**Brief**
Give back the lines of the records exactly, starting at the first and ending at the one with "length-every stride (suc".

[Collected data]
[Start of section]

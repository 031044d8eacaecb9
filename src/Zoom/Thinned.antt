-- ===== src/Zoom/Thinned.antt =====
-- The number of points that kv8zoom/PathSimplifier.cpp leaves.
use native.Mathlib.Nat.{lt-mul-div-succ, mul-le-mul_right}
use kv8_metrics.Prelude.{
  ℕ, zero, suc, ◌+◌, ◌-◌, ◌*◌, ◌/◌, ◌≤◌, ◌<◌, ◌≡◌, refl, inl, inr, false, some, List, [], ◌∷◌,
  length, length-append, ltb, Bool-cases, arith,
}
use native.Mathlib.Decide.{dec_lt}
use kv8_metrics.Zoom.Trail.{
  TrailPoint, Metric, origin, kept_points, every, back, with_tail, subsample, simplify,
}
use kv8_metrics.Zoom.Farthest.{Ordered}
use kv8_metrics.Zoom.Simplified.{simplify-Close}

length-every :
    (stride i : ℕ) (pts : List TrailPoint)
    → i < stride
    → length (every stride i pts) * stride + i < length pts + stride
unfolding every
length-every stride i [] h = omega arith
length-every stride zero (p ∷ pts) h =
    omega (arith, length-every stride (stride - 1) pts (omega arith))
length-every stride (suc i) (p ∷ pts) h = omega (arith, length-every stride i pts (omega arith))

length-with_tail : (sub result : List TrailPoint) → length (with_tail sub result) ≤ length sub + 1
unfolding with_tail
length-with_tail sub result = ground (arith, length-append sub (back origin result ∷ []))

few :
    (max_out n c : ℕ)
    → 1 ≤ max_out
    → c * (n / max_out + 1) + 0 < n + (n / max_out + 1)
    → c ≤ max_out
few max_out n c h few_enough = elim (dec_lt max_out c) [
  | no p ↦ omega arith
  | yes p ↦ absurd (
      omega (
        arith,
        few_enough,
        lt-mul-div-succ n h,
        mul-le-mul_right {m = suc max_out} {n = c} (n / max_out + 1) p,
      ))
]

length-subsample :
    (max_out : ℕ) (result : List TrailPoint)
    → 1 ≤ max_out
    → length (subsample max_out result) ≤ max_out + 1
unfolding subsample
length-subsample max_out result h = elim (Bool-cases (ltb max_out (length result))) [
  | inl e ↦ rw e (
      omega (
        arith,
        length-with_tail (every (length result / max_out + 1) 0 result) result,
        few max_out (length result) _ h
            (length-every (length result / max_out + 1) 0 result (omega arith)),
      ))
  | inr e ↦ rw e (ground (arith, e))
]

-- For a limit of 1 or more, an epsilon that is not below 0 and a comparison of doubles as the
-- standard has it: the simplified trail has at most one point more than the limit.
pub length-simplify :
    (mt : Metric) (epsilon max_out : ℕ) (pts : List TrailPoint)
    → Ordered mt.less
    → mt.less epsilon 0 ≡ false
    → 1 ≤ max_out
    → (out : List TrailPoint) × (simplify mt epsilon max_out pts ≡ some out)
      × (length out ≤ max_out + 1)
unfolding simplify
length-simplify mt epsilon max_out [] o sane h = ([], refl, omega arith)
length-simplify mt epsilon max_out (p ∷ []) o sane h = (p ∷ [], refl, omega arith)
length-simplify mt epsilon max_out (p ∷ q ∷ more) o sane h =
    let s = simplify-Close mt epsilon max_out p q more o sane in
    (subsample max_out (kept_points s.0 (p ∷ q ∷ more)), s.1, length-subsample max_out _ h)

[End of section]

**Answer to the problem**
repository 031044d8eacaecb9
filename src/Zoom/Thinned.antt
-- ===== src/Zoom/Thinned.antt =====
-- The number of points that kv8zoom/PathSimplifier.cpp leaves.
use native.Mathlib.Nat.{lt-mul-div-succ, mul-le-mul_right}
use kv8_metrics.Prelude.{
  ℕ, zero, suc, ◌+◌, ◌-◌, ◌*◌, ◌/◌, ◌≤◌, ◌<◌, ◌≡◌, refl, inl, inr, false, some, List, [], ◌∷◌,
  length, length-append, ltb, Bool-cases, arith,
}
use native.Mathlib.Decide.{dec_lt}
use kv8_metrics.Zoom.Trail.{
  TrailPoint, Metric, origin, kept_points, every, back, with_tail, subsample, simplify,
}
use kv8_metrics.Zoom.Farthest.{Ordered}
use kv8_metrics.Zoom.Simplified.{simplify-Close}

length-every :
    (stride i : ℕ) (pts : List TrailPoint)
    → i < stride
    → length (every stride i pts) * stride + i < length pts + stride
unfolding every
length-every stride i [] h = omega arith
length-every stride zero (p ∷ pts) h =
    omega (arith, length-every stride (stride - 1) pts (omega arith))
length-every stride (suc i) (p ∷ pts) h = omega (arith, length-every stride i pts (omega arith))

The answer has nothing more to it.